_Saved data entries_
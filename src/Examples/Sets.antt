-- ===== src/Examples/Sets.antt =====
-- Interval vectors.
use vislcg.Base.{
  ◌≤◌, ℕ, ◌<◌, ◌≡◌, ◌⊎◌, ◌↔◌, refl, true, false, not, ◌&&◌, ◌||◌, [], ◌∷◌, some, arith, word, ◌==◌,
}
use vislcg.IntervalVector.{IntervalVector, empty, insert, erase, lower_bound, intersect}
use vislcg.IntervalVector.Valid.{IsValid, member, total}
use vislcg.IntervalVector.Insert.{insert-IsValid, member-insert}
use vislcg.IntervalVector.Erase.{erase_lem}
use vislcg.IntervalVector.Lookup.{lower_bound-IsLeast_iff, IsLeast}
use vislcg.IntervalVector.Intersect.{intersect_lem}

abbrev three_runs : IntervalVector
three_runs = record {
  elements =
      record { lb = 3; ub = 5 } ∷ record { lb = 8; ub = 8 } ∷ record { lb = 10; ub = 12 } ∷ [];
  size = 7;
}

three_runs-IsValid : IsValid three_runs
unfolding total
three_runs-IsValid = record {
  ordered = (
    omega arith,
    omega arith,
    omega arith,
    (omega arith, omega arith, omega arith, (omega arith, omega arith, omega arith, tt)),
  );
  counted = refl;
}

two_runs : IntervalVector
two_runs = record {
  elements = record { lb = 1; ub = 4 } ∷ record { lb = 8; ub = 10 } ∷ [];
  size = 7;
}

two_runs-IsValid : IsValid two_runs
unfolding total two_runs
two_runs-IsValid = record {
  ordered = (omega arith, omega arith, omega arith, (omega arith, omega arith, omega arith, tt));
  counted = refl;
}

abbrev empty-IsValid : IsValid empty
unfolding total empty
empty-IsValid = record { ordered = tt; counted = refl }

insert_merges :
    (insert three_runs 9).0.elements ≡ record { lb = 3; ub = 5 } ∷ record { lb = 8; ub = 12 } ∷ []
unfolding insert
insert_merges = refl

erase_splits :
    (erase three_runs 11).0.elements
    ≡ record { lb = 3; ub = 5 }
      ∷ record { lb = 8; ub = 8 }
      ∷ record { lb = 10; ub = 10 }
      ∷ record { lb = 12; ub = 12 }
      ∷ []
unfolding erase
erase_splits = refl

lower_bound_skips : (lower_bound three_runs 6).value ≡ 10
unfolding lower_bound
lower_bound_skips = refl

insert-IsValid_example : IsValid (insert three_runs 9).0
insert-IsValid_example = insert-IsValid three_runs 9 (omega arith) three_runs-IsValid

member-insert_example :
    ((q : ℕ) → member q (insert three_runs 9).0.elements ≡ (q == 9 || member q three_runs.elements))
    × ((insert three_runs 9).1 ≡ not (member 9 three_runs.elements))
member-insert_example = member-insert three_runs 9 (omega arith) three_runs-IsValid

erase_lem_example :
    IsValid (erase three_runs 11).0
    × ((q : ℕ)
        → member q (erase three_runs 11).0.elements
          ≡ (not (q == 11) && member q three_runs.elements))
    × ((erase three_runs 11).1 ≡ member 11 three_runs.elements)
erase_lem_example = erase_lem three_runs 11 (omega arith) three_runs-IsValid

insert_fresh : (insert three_runs 9).1 ≡ true
unfolding insert
insert_fresh = refl

lower_bound-IsLeast_iff_example :
    IsLeast 6 three_runs.elements (lower_bound three_runs 6).here (lower_bound three_runs 6).value
    ↔ ((member 6 three_runs.elements ≡ true)
        ⊎ ((q : ℕ) → 6 ≤ q → member q three_runs.elements ≡ false))
lower_bound-IsLeast_iff_example = lower_bound-IsLeast_iff three_runs 6 three_runs-IsValid

two_runs_small : two_runs.size < word
unfolding two_runs
two_runs_small = omega arith

intersect_lem_example :
    (r : IntervalVector) × (intersect two_runs three_runs ≡ some r)
    × IsValid r
    × ((q : ℕ) → member q r.elements ≡ (member q two_runs.elements && member q three_runs.elements))
intersect_lem_example =
    intersect_lem two_runs three_runs two_runs-IsValid three_runs-IsValid two_runs_small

_WORK REQUIRED_
Would you please return all lines of the data that include the word "true"?

_REPLY_
  ◌≤◌, ℕ, ◌<◌, ◌≡◌, ◌⊎◌, ◌↔◌, refl, true, false, not, ◌&&◌, ◌||◌, [], ◌∷◌, some, arith, word, ◌==◌,
insert_fresh : (insert three_runs 9).1 ≡ true
    ↔ ((member 6 three_runs.elements ≡ true)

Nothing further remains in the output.